北京的高大建筑物越来越多了,雨燕巢向现代建筑转移,巢区从之前的相对集中的几个点开始分散,所以单个地点数量少了。这种转移使得人们感觉雨燕数量比上世纪前期明显减少。
据北京市野生动物救护中心的调查数据估算,北京四环内雨燕种群数量繁殖前预计在5000多只左右,繁殖后有可能达到1万多只。
新京报:如何更好保护雨燕?公众在爱鸟方面还有哪些可以注意的问题?
史洋:雨燕保护一个是食物问题,一个是繁殖地问题。由于雨燕适应能力较强,繁殖地不是问题,它不是很挑剔,可以选择的筑巢建筑物还是很多的。雨燕的食物是小昆虫,但目前由于部分园林打药灭虫害,也影响了一些非害虫,包括在水面上的虫子。所以,食物对其生存的制约远大于筑巢地。

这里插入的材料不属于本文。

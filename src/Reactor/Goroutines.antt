-- ===== src/Reactor/Goroutines.antt =====
-- reactor/net.go and reactor/reactor.go: the consumer and the publisher of a loop, and how `Run`
-- stops them. The channels of the signals and the stops have no buffer, so a send and its receive are
-- one step of both; a closed channel is the end of the goroutine that closes it. The work of a
-- goroutine, such as the callbacks of a batch, is a step that ends.
pub mod Inv
pub mod Stop
mod Tests
use go_uring.Base.{ℕ, zero, suc, ◌+◌, ◌≡◌, ◌≢◌, Bool, true, false}

-- `runConsumer`: it sends a submit signal, waits for completions, in the network reactor sends
-- another signal if there are some, delivers them, and looks for the stop signal.
pub data Consumer : Type 0 where
  signalling waiting signalling_again delivering checking closing returned : Consumer

-- `runPublisher`: it selects, works on a request or a submit signal, or has received the stop signal.
pub data Publisher : Type 0 where
  selecting working closing returned : Publisher

-- `Run` on one of its loops: `stopConsumer` sends and then waits for the close, and so does
-- `stopPublisher`.
pub data Stopper : Type 0 where
  running sending_consumer awaiting_consumer sending_publisher awaiting_publisher finished : Stopper

pub data Loop : Type 0 where
  loop : Consumer → Publisher → Stopper → Loop

abbrev pub stopper_of : Loop → Stopper
stopper_of (loop c p s) = s

-- Whether the consumer sends a second signal: it does in the network reactor.
module _ (again : Bool) where
  -- A step, and 1 if the publisher takes a request from its channel, else 0.
  pub data Step : ℕ → Loop → Loop → Type 0 where
    signal : {s : Stopper} → Step 0 (loop signalling selecting s) (loop waiting working s)
    nothing_ready : {p : Publisher} {s : Stopper} → Step 0 (loop waiting p s) (loop checking p s)
    ready :
        {p : Publisher} {s : Stopper}
        → again ≡ false
        → Step 0 (loop waiting p s) (loop delivering p s)
    ready_again :
        {p : Publisher} {s : Stopper}
        → again ≡ true
        → Step 0 (loop waiting p s) (loop signalling_again p s)
    signal_again :
        {s : Stopper} → Step 0 (loop signalling_again selecting s) (loop delivering working s)
    delivered : {p : Publisher} {s : Stopper} → Step 0 (loop delivering p s) (loop checking p s)
    go_on :
        {p : Publisher} {s : Stopper}
        → s ≢ sending_consumer
        → Step 0 (loop checking p s) (loop signalling p s)
    stop_consumer :
        {p : Publisher}
        → Step 0 (loop checking p sending_consumer) (loop Consumer.closing p awaiting_consumer)
    consumer_returns :
        {p : Publisher} {s : Stopper}
        → Step 0 (loop Consumer.closing p s) (loop Consumer.returned p s)
    request : {c : Consumer} {s : Stopper} → Step 1 (loop c selecting s) (loop c working s)
    worked : {c : Consumer} {s : Stopper} → Step 0 (loop c working s) (loop c selecting s)
    stop_publisher :
        {c : Consumer}
        → Step 0 (loop c selecting sending_publisher) (loop c Publisher.closing awaiting_publisher)
    publisher_returns :
        {c : Consumer} {s : Stopper}
        → Step 0 (loop c Publisher.closing s) (loop c Publisher.returned s)
    context_done :
        {c : Consumer} {p : Publisher} → Step 0 (loop c p running) (loop c p sending_consumer)
    consumer_awaited :
        {p : Publisher}
        → Step 0
            (loop Consumer.returned p awaiting_consumer)
            (loop Consumer.returned p sending_publisher)
    publisher_awaited :
        {c : Consumer}
        → Step 0 (loop c Publisher.returned awaiting_publisher) (loop c Publisher.returned finished)

  -- A run of `n` steps, of which `r` take a request.
  pub data Run : ℕ → ℕ → Loop → Loop → Type 0 where
    done : {l : Loop} → Run 0 0 l l
    next : {n r q : ℕ} {l m k : Loop} → Step q l m → Run n r m k → Run (suc n) (q + r) l k

  pub data Reach : Loop → Type 0 where
    start : Reach (loop signalling selecting running)
    later : {q : ℕ} {l m : Loop} → Reach l → Step q l m → Reach m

目前,市民对鸟类的保护意识已经足够,更欠缺的是正确的保护方法。我前几天看到一则新闻,说国家图书馆工作人员发现绿头鸭在窗台上下了一枚蛋,用草围了个巢。这种就属于过度敏感了,如果没有人为干预,绿头鸭可能稍后将蛋转移走。工作人员用草围巢,反而可能导致绿头鸭害怕,不敢去接触这枚蛋了。
雨燕小档案
雨燕共有两个亚种:以瑞典为模式产地的指名亚种,以北京为模式产地的北京亚种。1870年,英国博物学家Robert Swinhoe首次在北京采集到普通雨燕pekinensis亚种标本,自此定名为Apus apus pekinensis,即北京雨燕。
除繁殖期外,普通雨燕一生几乎不落地,都在飞翔。空中捕食,空中交配,空中休息。
雨燕喜欢在高大建筑物,例如北京的古建筑-宫殿、庙宇等;现代建筑-桥洞等。自然环境筑巢是在悬崖处的洞穴里。
巢的形状为碟状,巢材一般采用草、叶子、羽毛等混以泥土和唾液粘在一起。
雨燕的食物以半翅目、鳞翅目等各种飞行的昆虫为主,包括蚜虫、蚊子、蝇类等。